Application Process Starts for LA’s Basic Guaranteed Income Pilot

Application Process Starts for LA’s Basic Guaranteed Income Pilot
Skid Row in Los Angeles, Calif., on June 9, 2021. (John Fredricks/The Epoch Times)
City News Service
10/30/2021
Updated:
10/31/2021

LOS ANGELES—Applications are open through Nov. 7 for the city’s guaranteed basic income pilot program, which will give $1,000 a month to 3,000 households for a year.

The nearly $40 million BIG:LEAP (Basic Income Guaranteed: Los Angeles Economic Assistance Pilot) program is the largest of its kind in the United States.

“Its name perfectly captures what we’re doing here in L.A. because we’re taking a big leap forward in our generational fight to end poverty,” Mayor Eric Garcetti said on Oct. 27.

The application process opened Oct. 29. People can apply at bigleap.lacity.org. More information is available from Councilman Curren Price’s district office at 323-846-2651.

Only households with at least one dependent child will be considered, and recipients must live in the city of Los Angeles, be over the age of 18, and have an income at or below the federal poverty line. They also must have experienced economic or medical hardship related to the COVID-19 pandemic.
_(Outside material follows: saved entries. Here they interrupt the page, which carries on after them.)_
-- ===== src/Requirement/Meaning.antt =====
-- Evaluate computes the meaning of the tree that its document stands for, and never panics on it.
use capagent.Base.{
  ◌<◌, ◌≢◌, ap, ◌∙◌, ◌≡◌, refl, ℕ, zero, suc, ◌≤◌, ltb, ◌==◌, inl, inr, false, ◌||◌, List, [], ◌∷◌,
  Option, none, some, arith, Bool-cases, length, map,
}
use capagent.Model.CapabilityId.{CapabilityId}
use capagent.Model.Errors.{Error, out_of_fuel}
use capagent.Model.Capability.{Candidate}
use capagent.Requirement.Logic.{
  RequirementState, satisfied, unsatisfied, indeterminate, and, or, fold, all, any,
}
use capagent.Requirement.Node.{
  Pointer, Heap, Checked, valid, invalid, validate, max_depth, max_nodes, enough_fuel,
}
use capagent.Requirement.Tree.{
  Tree, Trees, size, depth, depth_list, IsNamed, Represents, RepresentsAll, meaning, meanings,
}
use capagent.Requirement.Evaluate.{
  negate_result, candidate_outcome, evaluate_checked, add_child, evaluate_children, evaluate_node,
  evaluate_candidate, evaluate_candidates, evaluate,
}
use capagent.Requirement.Predicate.{
  Result, result, Results, candidate_count, diagnostics, invalid_candidates, any_candidate,
  not_operator, error, invalid_requirement, invalid_candidate, any_operator, all_operator, state,
  CandidateIndex, index_of, predicate, check_candidate, with_scope, uncertain, max_candidates,
}
use capagent.Requirement.Logic
use capagent.Model.Scope.{EvaluationScope}
use capagent.Requirement.Completeness.{validate_complete}
use capagent.Requirement.Soundness.{validate_sound}
use capagent.Requirement.Accepting.{Checked-cases}
use capagent.Requirement.Fuel.{validate-ne-out_of_fuel}

-- The state that a candidate gives a capability.
unfoldable pub capability_state : CandidateIndex → CapabilityId → RequirementState
capability_state index id = state (predicate id index)

-- The run ends with a result in the state `s`.
abbrev pub EndsIn : Option Result → RequirementState → Type 0
EndsIn run s = (r : Result) × (run ≡ some r) × (state r ≡ s)

state-add_child :
    (op : RequirementState → RequirementState → RequirementState) (acc child : Result)
    → state (add_child op acc child) ≡ op (state acc) (state child)
unfolding add_child
state-add_child op (result s reason scope ds rs) child = refl

evaluate_children-cons :
    (op : RequirementState → RequirementState → RequirementState) (run : Pointer → Option Result)
    (p : Pointer) (ps : List Pointer) (acc child : Result)
    → run p ≡ some child
    → evaluate_children op run (p ∷ ps) acc ≡ evaluate_children op run ps (add_child op acc child)
unfolding evaluate_children
evaluate_children-cons op run p ps acc child e = rw (e, evaluate_children)

run_children :
    (assign : CapabilityId → RequirementState) (heap : Heap) (fuel : ℕ)
    (op : RequirementState → RequirementState → RequirementState) (run : Pointer → Option Result)
    → ((p : Pointer) (t : Tree)
        → Represents heap p t
        → depth t ≤ fuel
        → EndsIn (run p) (meaning assign t))
    → {ps : List Pointer} {ts : Trees} (acc : Result) → RepresentsAll heap ps ts
    → depth_list ts ≤ fuel
    → EndsIn (evaluate_children op run ps acc) (fold op (state acc) (meanings assign ts))
unfolding depth meaning fold evaluate_children
run_children assign heap fuel op run self acc RepresentsAll.nil_at low = (acc, refl, refl)
run_children assign heap fuel op run self acc
      (RepresentsAll.cons_at {p = p} {ps = ps} {t = t} {ts = ts} r rs) low =
    let (child, ran, means) = self p t r (omega arith) in
    let (last, rest, folded) =
      run_children assign heap fuel op run self (add_child op acc child) rs (omega arith) in
    (
      last,
      evaluate_children-cons op run p ps acc child ran ∙ rest,
      folded
          ∙ ap (λ s. fold op s (meanings assign ts))
              (state-add_child op acc child ∙ ap (op (state acc)) means),
    )

module _ (index : CandidateIndex) (heap : Heap) where
  pub run_node :
      (fuel : ℕ) (p : Pointer) (t : Tree)
      → Represents heap p t
      → depth t ≤ fuel
      → EndsIn (evaluate_node fuel heap index p) (meaning (capability_state index) t)
  unfolding evaluate_node depth meaning all any capability_state
  run_node zero p t (Represents.capability_at e full) low = absurd (omega arith)
  run_node zero p t (Represents.all_at e rs) low = absurd (omega arith)
  run_node zero p t (Represents.any_at e rs) low = absurd (omega arith)
  run_node zero p t (Represents.negation_at e r) low = absurd (omega arith)
  run_node (suc fuel) p t (Represents.capability_at {a = a} {id = id} e full) low =
      (predicate id index, rw (e, full), refl)
  run_node (suc fuel) p t (Represents.all_at {a = a} {ps = ps} e rs) low =
      let (last, ran, means) =
        run_children (capability_state index) heap fuel and (evaluate_node fuel heap index)
          (run_node fuel) (result satisfied all_operator none [] Results.nil) rs (omega arith) in
      (last, rw e ran, means)
  run_node (suc fuel) p t (Represents.any_at {a = a} {ps = ps} e rs) low =
      let (last, ran, means) =
        run_children (capability_state index) heap fuel or (evaluate_node fuel heap index)
          (run_node fuel) (result unsatisfied any_operator none [] Results.nil) rs (omega arith) in
      (last, rw e ran, means)
  run_node (suc fuel) p t (Represents.negation_at {a = a} {b = b} {t = u} e r) low =
      let (child, ran, means) = run_node fuel (some b) u r (omega arith) in
      (
        result (Logic.not (state child)) not_operator none (diagnostics child)
            (Results.cons child Results.nil),
        rw e (rw (ran, negate_result)),
        ap Logic.not means,
      )

scoped : (scope : EvaluationScope) (r : Result) → state (with_scope scope r) ≡ state r
scoped scope (result s reason old ds rs) = refl

-- 1 to 128 candidates pass the test of Evaluate.
count_ok :
    (cs : List Candidate)
    → 0 < length cs
    → length cs ≤ max_candidates
    → (length cs == 0 || ltb max_candidates (length cs)) ≡ false
count_ok cs h k = ground arith

abbrev outcome_state : Tree → Candidate → Option Error → RequirementState
outcome_state t c none = meaning (capability_state (index_of c)) t
outcome_state t c (some e) = indeterminate

-- A candidate that the index refuses is not known; any other gives the tree its meaning.
pub candidate_state : Tree → Candidate → RequirementState
candidate_state t c = outcome_state t c (check_candidate c)

-- The two definitions, with what they call shut.
candidate_step :
    (heap : Heap) (root : Pointer) (c : Candidate)
    → evaluate_candidate heap root c ≡ candidate_outcome heap root c (check_candidate c)
unfolding evaluate_candidate
candidate_step heap root c = refl

evaluate_step :
    (heap : Heap) (root : Pointer) (cs : List Candidate)
    → evaluate heap root cs ≡ evaluate_checked heap root cs (validate heap root)
unfolding evaluate
evaluate_step heap root cs = refl

module _ (heap : Heap) (root : Pointer) (t : Tree) (represents : Represents heap root t)
    (low : depth t ≤ max_depth) where
  run_outcome :
      (c : Candidate) (o : Option Error)
      → EndsIn (candidate_outcome heap root c o) (outcome_state t c o)
  unfolding uncertain
  run_outcome c none = run_node (index_of c) heap enough_fuel root t represents (omega arith)
  run_outcome c (some x) = (uncertain invalid_candidate (error x), refl, refl)

  run_candidate : (c : Candidate) → EndsIn (evaluate_candidate heap root c) (candidate_state t c)
  unfolding candidate_state
  run_candidate c = rw (candidate_step heap root c) (run_outcome c (check_candidate c))

  run_candidates :
      (cs : List Candidate) (acc : Result)
      → EndsIn
          (evaluate_candidates (evaluate_candidate heap root) cs acc)
          (fold or (state acc) (map (candidate_state t) cs))
  unfolding evaluate_candidates fold
  run_candidates [] acc = (acc, refl, refl)
  run_candidates (c ∷ cs) acc =
      let (child, ran, means) = run_candidate c in
      let (last, rest, folded) = run_candidates cs (add_child or acc (with_scope c.scope child)) in
      (
        last,
        rw (ran, evaluate_candidates) rest,
        folded
            ∙ ap (λ s. fold or s (map (candidate_state t) cs))
                (state-add_child or acc (with_scope c.scope child)
                  ∙ ap (or (state acc)) (scoped c.scope child ∙ means)),
      )

-- For a document of at most 512 nodes and depth 32 whose leaves are valid capability IDs, and for
-- 1 to 128 candidates, Evaluate returns a result. Its state is `Any` over the candidates of the
-- document's meaning for that candidate, where a refused candidate counts as not known.
pub evaluate-meaning :
    (heap : Heap) (root : Pointer) (t : Tree) (cs : List Candidate)
    → Represents heap root t
    → IsNamed t
    → size t ≤ max_nodes
    → depth t ≤ max_depth
    → 0 < length cs
    → length cs ≤ max_candidates
    → EndsIn (evaluate heap root cs) (any (map (candidate_state t) cs))
unfolding any
evaluate-meaning heap root t cs r v few low some_cs not_many = rw (evaluate_step heap root cs) (
    rw (validate_complete heap root t r v few low) (
      rw (count_ok cs some_cs not_many) (
        run_candidates heap root t r low cs
          (result unsatisfied any_candidate none [] Results.nil))))

evaluate_checked_total :
    (heap : Heap) (root : Pointer) (cs : List Candidate) (r : Checked) (e : validate heap root ≡ r)
    → (x : Result) × (evaluate_checked heap root cs r ≡ some x)
evaluate_checked_total heap root cs (invalid x) e = (uncertain invalid_requirement (error x), refl)
evaluate_checked_total heap root cs (valid n) e =
    let (t, r, names, counted, few, low) = validate_sound heap root n e in
    elim (Bool-cases (length cs == 0 || ltb max_candidates (length cs))) [
      | inl wrong ↦ (uncertain invalid_candidates candidate_count, rw wrong)
      | inr fine ↦
          let (x, ran, means) =
            run_candidates heap root t r low cs
              (result unsatisfied any_candidate none [] Results.nil) in
          (x, rw fine ran)
    ]

-- Evaluate returns a result for every document and every list of candidates: it meets no nil pointer,
-- and its recursion ends, also on a cyclic document. No call of validateNode is deeper than the limit on
-- the depth allows, so the check of the document is never cut short for lack of fuel.
pub evaluate_total :
    (heap : Heap) (root : Pointer) (cs : List Candidate)
    → (validate heap root ≢ invalid out_of_fuel) × ((r : Result) × (evaluate heap root cs ≡ some r))
evaluate_total heap root cs = (
  validate-ne-out_of_fuel heap root,
  rw (evaluate_step heap root cs) (evaluate_checked_total heap root cs (validate heap root) refl),
)

-- The root leads to a tree of at most 512 nodes and depth 32, whose leaves are valid capability IDs.
pub record HasTree (heap : Heap) (root : Pointer) : Type 0 where
  pub tree : Tree
  pub represents : Represents heap root tree
  pub named : IsNamed tree
  pub few : size tree ≤ max_nodes
  pub shallow : depth tree ≤ max_depth

-- If the root leads to no tree of at most 512 nodes and depth 32 whose leaves are valid capability IDs,
-- as when it leads into a cycle, or to a node without exactly one operator, then Validate returns an error,
-- which is not for lack of fuel, and for any candidates Evaluate returns a result that is neither
-- satisfied nor unsatisfied, with that error as an invalid requirement.
pub evaluate_refused :
    (heap : Heap) (root : Pointer) (cs : List Candidate)
    → (HasTree heap root → ⊥)
    → (e : Error) × (validate heap root ≡ invalid e)
      × (e ≢ out_of_fuel)
      × (evaluate heap root cs ≡ some (uncertain invalid_requirement (error e)))
      × (state (uncertain invalid_requirement (error e)) ≡ indeterminate)
unfolding uncertain
evaluate_refused heap root cs no_tree = elim (Checked-cases (validate heap root)) [
  | inl (n, e) ↦
      let (t, r, names, counted, few, low) = validate_sound heap root n e in
      absurd (
        no_tree
          (record { tree = t; represents = r; named = names; few = omega arith; shallow = low }))
  | inr (e, refused) ↦ (
    e,
    refused,
    λ f. validate-ne-out_of_fuel heap root (refused ∙ ap invalid f),
    rw (evaluate_step heap root cs) (rw refused refl),
    refl,
  )
]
More than a quarter of the recipients will come from Price’s District 9. Price said on Oct. 26 that his district office, at 4301 S. Central Ave., would serve as a command center during the application window to assist constituents. Additional sites—including the Vermont Square Branch Library, Ascot Branch Library, Junipero Serra Branch Library, the All Peoples Community Center, and Trade-Tech College—will provide computers, Wi-Fi, and language support to help District 9 residents apply.

Garcetti said officials looked at data from a smaller GPI program in Stockton while developing the pilot, and research showed that the 125 Stockton residents who received $500 per month were more than twice as likely to secure full-time jobs as people in a control group.

“They landed full-time employment because they could afford to take that job interview that before they couldn’t. Maybe instead of two jobs, they could have one, and they were able to get full-time employment more than twice the rate of nonrecipients,” Garcetti said, citing findings by Stacia West of the University of Tennessee’s College of Social Work and Amy Castro Baker of the School of Social Policy and Practice at the University of Pennsylvania.

Critics of the programs often cite opposition to handing out money without restrictions on how it can be spent.

“If it’s the government’s money, they should absolutely be able to control how it’s spent. You don’t want people going out and buying cigarettes and booze with this,” said Jon Coupal, president of the Howard Jarvis Taxpayers Association, a nonprofit that seeks to defend the rights of taxpayers. “It would be more consistent with existing programs, for example the SNAP program, the food stamp program; you get vouchers to buy food. Same with Section Eight housing, you get vouchers to purchase housing.”

On Oct. 26, the city council approved $27.4 million for the program citywide, which includes about $3.4 million for Price’s district. Price’s office will provide another $6 million from its Guaranteed Basic Income Funds.

The offices of Council Districts 6, 8, and 10 also provided funding from their offices’ GBI funds, totaling more than $5 million.

The council also approved nearly $4 million for research and design services related to the pilot program.

The city partnered with academics to study the program’s impact on factors such as recipients’ mental health, food security, housing security, employment, homelessness, parenting, family dynamics. Garcetti said he hopes the program, as the largest sample in the U.S., will provide data to the state and federal governments in hopes of larger such programs being implemented.